Work to complete:
Starting with the line containing "Follow-after c before (r" and going on through the line containing "-- the latest", return the lines of the data below exactly, and only those.

Records shown:
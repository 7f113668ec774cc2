-- ===== src/Events/Published.antt =====
-- crates/machineemu/src/api/events.rs: `publish` on every branch.
use machineemu.Prelude.{
  ℕ, suc, ◌≤◌, ◌<◌, ◌≡◌, refl, sym, ap, ◌∙◌, String, Bool, true, false, Option, none, some, List,
  [], ◌∷◌, ◌++◌, length, ltb, ltb→lt, ltb→le, le→ltb, inl, inr, Bool-cases, arith,
}
use machineemu.Events.Cursors.{u64_mod, same_text}
use machineemu.Events.Histories.{
  EventRecord, size, History, EventHub, add_u64, max_event_bytes, lookup, sum,
}
use machineemu.Events.Histories.Loops.{add_u64_lem}
use machineemu.Events.Histories.Evicted.{Shrunk, value}
use machineemu.Events.Kept.{IsHub, history_of, history_bytes, IsNew, new_record-IsNew}
use machineemu.Events.{new_record, append, publish}
use machineemu.Events.Settled.{subscribers_after, IsAdded, settle_lem}

module _ {Sender : Type 0} where
  -- What an event that fits leaves.
  pub record Published (hub : EventHub Sender) (instance_id : List ℕ) (kind : String)
      (text : List ℕ) (out : Option (EventHub Sender × Bool)) : Type 0 where
    pub left : EventHub Sender
    pub ran : out ≡ some (left, true)
    pub is_sound : IsHub left
    pub one_more : left.next_order ≡ suc hub.next_order
    pub same_generation : left.generation ≡ hub.generation
    pub kept : History Sender
    pub found : lookup instance_id left.histories ≡ some kept
    pub next_one : kept.next_sequence ≡ suc (history_of hub instance_id).next_sequence
    pub people :
        sum (λ i. length i.subscribers) left.histories
        ≤ sum (λ i. length i.subscribers) hub.histories
    pub no_more : length kept.subscribers ≤ length (history_of hub instance_id).subscribers
    pub earlier : List EventRecord
    pub ends : kept.records ≡ earlier ++ new_record hub instance_id kind text ∷ []
    pub dropped : List EventRecord
    -- The new record comes last, and of the older ones the latest are left.
    pub listed :
        (history_of hub instance_id).records ++ new_record hub instance_id kind text ∷ []
        ≡ dropped ++ kept.records
    pub others :
        (name : List ℕ) (i : History Sender)
        → same_text instance_id name ≡ false
        → lookup name hub.histories ≡ some i
        → (j : History Sender) × (lookup name left.histories ≡ some j) × Shrunk i j

  -- What an event does: one that has no text or too long a one changes nothing.
  pub data PublishResult (hub : EventHub Sender) (instance_id : List ℕ) (kind : String)
      (event : Option (List ℕ)) (out : Option (EventHub Sender × Bool)) : Type 0 where
    no_text : event ≡ none → out ≡ some (hub, false) → PublishResult hub instance_id kind event out
    too_long :
        (text : List ℕ)
        → event ≡ some text
        → max_event_bytes < length text
        → out ≡ some (hub, false)
        → PublishResult hub instance_id kind event out
    accepted :
        (text : List ℕ)
        → event ≡ some text
        → length text ≤ max_event_bytes
        → Published hub instance_id kind text out
        → PublishResult hub instance_id kind event out

module _ {Sender : Type 0} (channel : ℕ → Sender)
    (try_send : Sender → EventRecord → Option Sender) where
  added :
      (hub : EventHub Sender) (instance_id : List ℕ) (r : EventRecord) (broadcast : Bool)
      → IsHub hub
      → IsNew hub instance_id r
      → IsAdded hub instance_id r
          (record hub { next_order = r.order; bytes = add_u64 hub.bytes (size r) })
          (append try_send r broadcast (history_of hub instance_id))
  added hub instance_id r broadcast v new = record {
    new = new;
    order = new.ordered;
    same_generation = refl;
    same_histories = refl;
    total = add_u64_lem hub.bytes (size r) (omega (arith, v.within, new.small));
    bytes =
        unfold append in
        add_u64_lem (history_of hub instance_id).bytes (size r)
          (omega (arith, v.within, new.small, history_bytes hub instance_id v));
    records = unfold append in refl;
    sequence = unfold append in refl;
    subscribers = subscribers_after try_send r broadcast (history_of hub instance_id);
  }

  pub published :
      (hub : EventHub Sender) (instance_id : List ℕ) (kind : String) (text : List ℕ)
      (broadcast : Bool)
      → IsHub hub
      → length instance_id ≤ 64
      → suc hub.next_order < u64_mod
      → length text ≤ max_event_bytes
      → Published hub instance_id kind text
          (publish channel try_send instance_id kind (some text) broadcast hub)
  unfolding publish
  published hub instance_id kind text broadcast v short room fits =
      let r = new_record hub instance_id kind text in
      let new = new_record-IsNew hub instance_id kind text v short room fits in
      let h = append try_send r broadcast (history_of hub instance_id) in
      let s = settle_lem hub instance_id r _ h v (added hub instance_id r broadcast v new) in
      record {
        left = s.left;
        ran = rw (publish, le→ltb max_event_bytes (length text) fits, s.ran) refl;
        is_sound = s.is_sound;
        one_more = s.one_more;
        same_generation = s.same_generation;
        kept = s.kept;
        found = s.found;
        next_one = s.shrunk.same_sequence ∙ (unfold append in new.numbered);
        people = s.people;
        no_more = omega (
          arith,
          ap length s.shrunk.same_subscribers,
          subscribers_after try_send r broadcast (history_of hub instance_id),
        );
        earlier = s.lasting.earlier;
        ends = ap (λ h. h.records) (value (sym s.found ∙ s.lasting.found)) ∙ s.lasting.ends;
        dropped = s.shrunk.dropped;
        listed = (unfold append in s.shrunk.parts);
        others = s.others;
      }

  -- An event for an instance with a name of at most 64 bytes, in a valid hub that has counted less
  -- than 2^64 - 1 events, always ends the call. Without a text, or with more than 16 KiB, it
  -- changes nothing. Otherwise the hub is valid again, within all its bounds, the event has the
  -- next number of its instance and the records of the instance are the latest of those before with
  -- the new one, which is always kept, at the end; the other histories lose their oldest records at
  -- most.
  pub publish-result :
      (hub : EventHub Sender) (instance_id : List ℕ) (kind : String) (event : Option (List ℕ))
      (broadcast : Bool)
      → IsHub hub
      → length instance_id ≤ 64
      → suc hub.next_order < u64_mod
      → PublishResult hub instance_id kind event
          (publish channel try_send instance_id kind event broadcast hub)
  unfolding publish
  publish-result hub instance_id kind none broadcast v short room = no_text refl refl
  publish-result hub instance_id kind (some text) broadcast v short room =
      elim (Bool-cases (ltb max_event_bytes (length text))) [
        | inl long ↦
            too_long text refl (ltb→lt max_event_bytes (length text) long) (rw (publish, long) refl)
        | inr fits ↦ accepted text refl (ltb→le max_event_bytes (length text) fits) (
            published hub instance_id kind text broadcast v short room
              (ltb→le max_event_bytes (length text) fits))
      ]
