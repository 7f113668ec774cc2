-- ===== src/Events/Reached.antt =====
-- crates/machineemu/src/api/events.rs: the cursors that the records of an instance reach back to, and
-- what follows on them.
use machineemu.Prelude.{
  ℕ, suc, ◌-◌, ◌≤◌, ◌<◌, ◌≡◌, refl, ap, true, false, Option, none, some, List, [], ◌∷◌, ltb, ltb→lt,
  ltb→le, lt→ltb, le→leb, inl, inr, Bool-cases, Option-cases, arith,
}
use machineemu.Events.Cursors.{u64_mod, same_text, Cursor}
use machineemu.Events.Histories.{EventRecord, History, EventHub, lookup}
use machineemu.Events.Histories.Entries.{All-found, same_text-equal, same_text_refl}
use machineemu.Events.Histories.Loops.{add_u64_lem}
use machineemu.Events.Histories.Evicted.{Follow, IsHistory}
use machineemu.Events.Kept.{IsHub}
use machineemu.Events.{after, first_sequence, replayable, is_replayable}

after-all :
    (c before : ℕ) (records : List EventRecord) (latest : ℕ)
    → c ≤ before
    → Follow before records latest
    → after c records ≡ records
unfolding after
after-all c before [] latest le f = refl
after-all c before (r ∷ records) latest le f =
    rw (lt→ltb c r.sequence (omega (arith, f.0)))
      (ap (λ l. r ∷ l) (after-all c r.sequence records latest (omega (arith, f.0)) f.1))

-- The records above a number between the first and the latest follow on that number.
pub Follow-after :
    (c before : ℕ) (records : List EventRecord) (latest : ℕ)
    → before ≤ c
    → c ≤ latest
    → Follow before records latest
    → Follow c (after c records) latest
unfolding after
Follow-after c before [] latest le up f = omega (arith, f)
Follow-after c before (r ∷ records) latest le up f = elim (Bool-cases (ltb c r.sequence)) [
  | inl above ↦
      let here : r.sequence ≡ suc c = omega (arith, f.0, ltb→lt c r.sequence above) in
      rw (above, after-all c r.sequence records latest (omega (arith, here)) f.1) (here, f.1)
  | inr below ↦
      rw below (Follow-after c r.sequence records latest (ltb→le c r.sequence below) up f.1)
]

first_le :
    (before c : ℕ) (records : List EventRecord) (latest : ℕ)
    → Follow before records latest
    → suc latest < u64_mod
    → first_sequence latest records - 1 ≤ c
    → before ≤ c
first_le before c [] latest f room le = omega (arith, f, add_u64_lem latest 1 (omega arith))
first_le before c (r ∷ records) latest f room le = omega (arith, f.0)

le_first :
    (before c : ℕ) (records : List EventRecord) (latest : ℕ)
    → Follow before records latest
    → suc latest < u64_mod
    → before ≤ c
    → first_sequence latest records - 1 ≤ c
le_first before c [] latest f room le = omega (arith, f, add_u64_lem latest 1 (omega arith))
le_first before c (r ∷ records) latest f room le = omega (arith, f.0)

module _ {Sender : Type 0} where
  -- The records of the instance lead on, without a gap, from a number at most that of the cursor to
  -- the latest event, which is at least that of the cursor.
  pub record IsReached (hub : EventHub Sender) (instance_id : List ℕ) (c : Cursor) : Type 0 where
    pub history : History Sender
    pub found : lookup instance_id hub.histories ≡ some history
    pub same_instance : c.instance_id ≡ instance_id
    pub same_generation : c.generation ≡ hub.generation
    pub before : ℕ
    pub contiguous : Follow before history.records history.next_sequence
    pub before_le : before ≤ c.sequence
    pub le : c.sequence ≤ history.next_sequence

  abbrev pub IsUnreached : EventHub Sender → List ℕ → Option Cursor → Type 0
  IsUnreached hub instance_id none = Unit
  IsUnreached hub instance_id (some c) = ¬ IsReached hub instance_id c

  replayable_parts :
      (hub : EventHub Sender) (instance_id : List ℕ) (c : Cursor) (h : History Sender)
      → replayable hub instance_id c (some h) ≡ true
      → (same_text c.instance_id instance_id ≡ true)
        × (same_text c.generation hub.generation ≡ true)
        × (first_sequence h.next_sequence h.records - 1 ≤ c.sequence)
        × (c.sequence ≤ h.next_sequence)
  replayable_parts hub instance_id c h known_to = ground arith

  pub reached :
      (hub : EventHub Sender) (instance_id : List ℕ) (c : Cursor)
      → IsHub hub
      → suc hub.next_order < u64_mod
      → is_replayable hub instance_id (some c) ≡ true
      → IsReached hub instance_id c
  unfolding is_replayable
  reached hub instance_id c v room known_to =
      elim (Option-cases (lookup instance_id hub.histories)) [
        | inl missing ↦ absurd (let shown = rw missing at known_to in cc shown)
        | inr (h, found) ↦
            let old =
              All-found (IsHistory hub.next_order) instance_id h hub.histories found v.each in
            let shown : replayable hub instance_id c (some h) ≡ true = rw found at known_to in
            let (instance, generation, low, high) = replayable_parts hub instance_id c h shown in
            record {
              history = h;
              found = found;
              same_instance = same_text-equal c.instance_id instance_id instance;
              same_generation = same_text-equal c.generation hub.generation generation;
              before = old.before;
              contiguous = old.contiguous;
              before_le =
                  first_le old.before c.sequence h.records h.next_sequence old.contiguous
                    (omega (arith, old.sequence_le)) low;
              le = high;
            }
      ]

  recognised :
      (hub : EventHub Sender) (instance_id : List ℕ) (c : Cursor)
      → IsHub hub
      → suc hub.next_order < u64_mod
      → IsReached hub instance_id c
      → is_replayable hub instance_id (some c) ≡ true
  unfolding is_replayable
  recognised hub instance_id c v room k =
      let h = k.history in
      let old = All-found (IsHistory hub.next_order) instance_id h hub.histories k.found v.each in
      let low =
        le_first k.before c.sequence h.records h.next_sequence k.contiguous
          (omega (arith, old.sequence_le)) k.before_le in
      let instance : same_text c.instance_id instance_id ≡ true =
        rw k.same_instance (same_text_refl instance_id) in
      let generation : same_text c.generation hub.generation ≡ true =
        rw k.same_generation (same_text_refl hub.generation) in
      rw
        (
          k.found,
          instance,
          generation,
          le→leb (first_sequence h.next_sequence h.records - 1) c.sequence low,
          le→leb c.sequence h.next_sequence k.le,
        )
        refl

  pub unreached :
      (hub : EventHub Sender) (instance_id : List ℕ) (cursor : Option Cursor)
      → IsHub hub
      → suc hub.next_order < u64_mod
      → is_replayable hub instance_id cursor ≡ false
      → IsUnreached hub instance_id cursor
  unreached hub instance_id none v room fresh = tt
  unreached hub instance_id (some c) v room fresh =
      λ k. let shown = recognised hub instance_id c v room k in cc (fresh, shown)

Answer space:
Follow-after c before (r ∷ records) latest le up f = elim (Bool-cases (ltb c r.sequence)) [
  | inl above ↦
      let here : r.sequence ≡ suc c = omega (arith, f.0, ltb→lt c r.sequence above) in
      rw (above, after-all c r.sequence records latest (omega (arith, here)) f.1) (here, f.1)
  | inr below ↦
      rw below (Follow-after c r.sequence records latest (ltb→le c r.sequence below) up f.1)
]

first_le :
    (before c : ℕ) (records : List EventRecord) (latest : ℕ)
    → Follow before records latest
    → suc latest < u64_mod
    → first_sequence latest records - 1 ≤ c
    → before ≤ c
first_le before c [] latest f room le = omega (arith, f, add_u64_lem latest 1 (omega arith))
first_le before c (r ∷ records) latest f room le = omega (arith, f.0)

le_first :
    (before c : ℕ) (records : List EventRecord) (latest : ℕ)
    → Follow before records latest
    → suc latest < u64_mod
    → before ≤ c
    → first_sequence latest records - 1 ≤ c
le_first before c [] latest f room le = omega (arith, f, add_u64_lem latest 1 (omega arith))
le_first before c (r ∷ records) latest f room le = omega (arith, f.0)

module _ {Sender : Type 0} where
  -- The records of the instance lead on, without a gap, from a number at most that of the cursor to
  -- the latest event, which is at least that of the cursor.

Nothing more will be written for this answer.